Really, even Hamilton and Burr used guns.

----------


## disorderlyvision

They probably had a money bomb

----------


## coyote_sprit

> They probably had a money bomb


They had a December 16th money bomb too?

----------


## Arion45

> When they faced tyranny, what is it that they did?  Think about it.  What does the big picture tell us?  And why should we not follow their lead?


After throwing off tyranny they decided to increase government.

----------


## fj45lvr

> I also include the possibility of states exerting their rights. There are still options, and the some states will challenge the Federal Government. Lets see if we can make a difference at the state level.



I think this is the best course of action if people are actually serious about liberty.  A individual state's actions don't rely on the impossible dream (a dream of all political factions) that you are going to control a majority in D.C. (which doesn't even begin to address the judicial branch and what they have already done to the Constitution).

Liberty lovers place themselves in a sovereign state and tell the Feds to screw themselves.  Not too complicated.

----------


## fj45lvr

> Downloaded.  Thanks.  I see it's also available as an audio book.


Not too long to read which is really nice and the guy really opens up alot of things to consider about U.S. history.





> As to freedom only coming from bloodshed, I don't agree that this is the only option.  I would agree, however, that this is the path that humanity has always followed historically.  
> 
> 
> The Founders taught us that you FIRST have to abandon the tyrannical system.  Now, the fact that the new system became tyrannical is another matter.  But you start by walking away from the system of tyranny... what I refer to as the Simulacrum.  That's just a decision.  
> 
> Now, the tyrannical system will come after anyone who tries to escape, and that is the second problem, for assimilation of all things into its system is its goal.  We have to walk away, then resist assimilation attempts.  This is how it starts.


The bloodshed is natural not necessarily because those that are under tyranny bring it, just that if it appears that they could successfully escape the tyrants will naturally bring it to them...this is elementary.  Don't think for a minute that the real owners will let their dominion fade with mere words.

----------


## itshappening

it was easy for the founders to unite the people for independence, particularly as the English government was so foolishly cruel and greedy

the ironic thing is the taxes they got mad at are nothing compared to what we have today..

----------


## Bucjason

They rallied around "natural rights" and against taxation without representation.

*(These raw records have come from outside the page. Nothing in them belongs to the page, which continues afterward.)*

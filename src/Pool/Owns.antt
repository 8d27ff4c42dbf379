-- ===== src/Pool/Owns.antt =====
-- A pool of pool.c and the objects of it that are in use: each one that is given out is owned once.
use fast_http.Prelude.{
  ℕ, ◌+◌, ◌≡◌, ◌≢◌, refl, sym, ◌∙◌, Bool, true, false, List, [], ◌∷◌, ◌++◌, arith, ◌==◌,
  if◌then◌else◌, ℕ_discrete, subst, ◌≤◌,
}
use fast_http.Pool.{Pool, node_size, in_block, pool_get, pool_put, backwards}
use fast_http.Pool.Held.{IsValid, held, elem}
use fast_http.Pool.Get.{pool_get_lem}
use fast_http.Pool.Put.{pool_put_lem}

-- How often an address stands in a list.
abbrev pub count : ℕ → List ℕ → ℕ
count q [] = 0
count q (x ∷ xs) = (if x == q then 1 else 0) + count q xs

pub count-append : (q : ℕ) (xs ys : List ℕ) → count q (xs ++ ys) ≡ count q xs + count q ys
count-append q [] ys = omega arith
count-append q (x ∷ xs) ys = omega (arith, count-append q xs ys)

pub count-backwards : (q : ℕ) (xs : List ℕ) → count q (backwards xs) ≡ count q xs
unfolding backwards
count-backwards q [] = refl
count-backwards q (x ∷ xs) =
    omega (arith, count-append q (backwards xs) (x ∷ []), count-backwards q xs)

-- 1 for an object that is given out.
abbrev pub out : Pool → ℕ → ℕ
out p q = if held p q then 1 else 0

-- The pool is well formed, and the list has each object that is given out once and nothing else.
pub record Owns (p : Pool) (objects : List ℕ) : Type 0 where
  pub valid : IsValid p
  pub exact : (q : ℕ) → out p q ≡ count q objects

-- The order does not matter.
pub Owns-reorder :
    {p : Pool} (xs ys : List ℕ) → Owns p xs → ((q : ℕ) → count q ys ≡ count q xs) → Owns p ys
Owns-reorder xs ys o same = record { valid = o.valid; exact = λ q. o.exact q ∙ sym (same q) }

-- The next node of `malloc` is not in the block and not in use.
pub record Fresh (p : Pool) (entry : ℕ) : Type 0 where
  pub outside : in_block p (entry + node_size) ≡ false
  pub unused : elem entry p.head ≡ false

-- A change of one object.
module _ (p after : Pool) (x : ℕ) (objects : List ℕ)
    (others : (r : ℕ) → r ≢ x → held after r ≡ held p r) where
  out-taken :
      held p x ≡ false
      → held after x ≡ true
      → ((r : ℕ) → out p r ≡ count r objects)
      → (q : ℕ) → out after q ≡ count q (x ∷ objects)
  out-taken free on before q = elim (ℕ_discrete q x) [
    | yes same ↦
        let unused : count x objects ≡ 0 = sym (before x) ∙ rw free refl in
        subst (λ (k : ℕ). out after k ≡ count k (x ∷ objects)) (sym same)
          (rw on (ground (arith, unused)))
    | no other ↦ rw (others q other) (ground (arith, before q))
  ]

  out-returned :
      held after x ≡ false
      → ((r : ℕ) → out p r ≡ count r (x ∷ objects))
      → (q : ℕ) → out after q ≡ count q objects
  out-returned free before q = elim (ℕ_discrete q x) [
    | yes same ↦
        let most : out p x ≤ 1 = ground arith in
        let unused : count x objects ≡ 0 = ground (arith, before x, most) in
        subst (λ (k : ℕ). out after k ≡ count k objects) (sym same) (rw free (sym unused))
    | no other ↦ rw (others q other) (ground (arith, before q))
  ]

-- A pool gives an object that nobody owned.
pub pool_get-Owns :
    {p : Pool} (entry : ℕ) (objects : List ℕ)
    → Owns p objects
    → Fresh p entry
    → Owns (pool_get p entry).0 ((pool_get p entry).1 ∷ objects)
pool_get-Owns {p} entry objects o f =
    let w = pool_get_lem entry o.valid f.outside f.unused in
    let taken : Owns w.after (w.object ∷ objects) = record {
      valid = w.valid;
      exact = out-taken p w.after w.object objects w.others w.was_free w.is_held o.exact;
    } in
    subst (λ (r : Pool × ℕ). Owns r.0 (r.1 ∷ objects)) (sym w.returns) taken

-- An object that goes back is owned no more.
pub pool_put-Owns :
    {p : Pool} (x : ℕ) (objects : List ℕ) → Owns p (x ∷ objects) → Owns (pool_put p x) objects
pool_put-Owns {p} x objects o =
    let given : held p x ≡ true = held_of (held p x) (o.exact x) in
    let w = pool_put_lem x o.valid given in
    record {
      valid = w.valid;
      exact = out-returned p (pool_put p x) x objects w.others w.is_free o.exact;
    }
  where
    held_of : (b : Bool) → (if b then 1 else 0) ≡ count x (x ∷ objects) → b ≡ true
    held_of true e = refl
    held_of false e = absurd (ground (arith, e))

Most americans today don't even know what either of these things are.

----------


## constituent

> Bring back dueling.


agreed.  may the strongest survive!

----------


## rancher89

IMHO TPTB *expect* violence.  We have all this talk about gun control, a "black president" and gun / ammo sales go through the roof.  We have peaceful demonstrations and the riot squads show up in full gear.  They ignore the Constitution and the Bill of Rights, pass more and more restrictive laws, grow the government and cede our national sovereignty.  And gun / ammo sales grow.

I don't advocate violence, not at all.  

War is a horrible thing and many "noncombatants" will get hurt or die---

But I don't see how we "walk away" from the "boot heel" that we have above us.  

I do see hope in the electoral process, especially at the state level.  Yes, the Real ID passed, but enough states refused to implement it, so it is effectively dead on arrival.  More and more states are seeing nullification as a real tool to be used to keep the Federal government at bay.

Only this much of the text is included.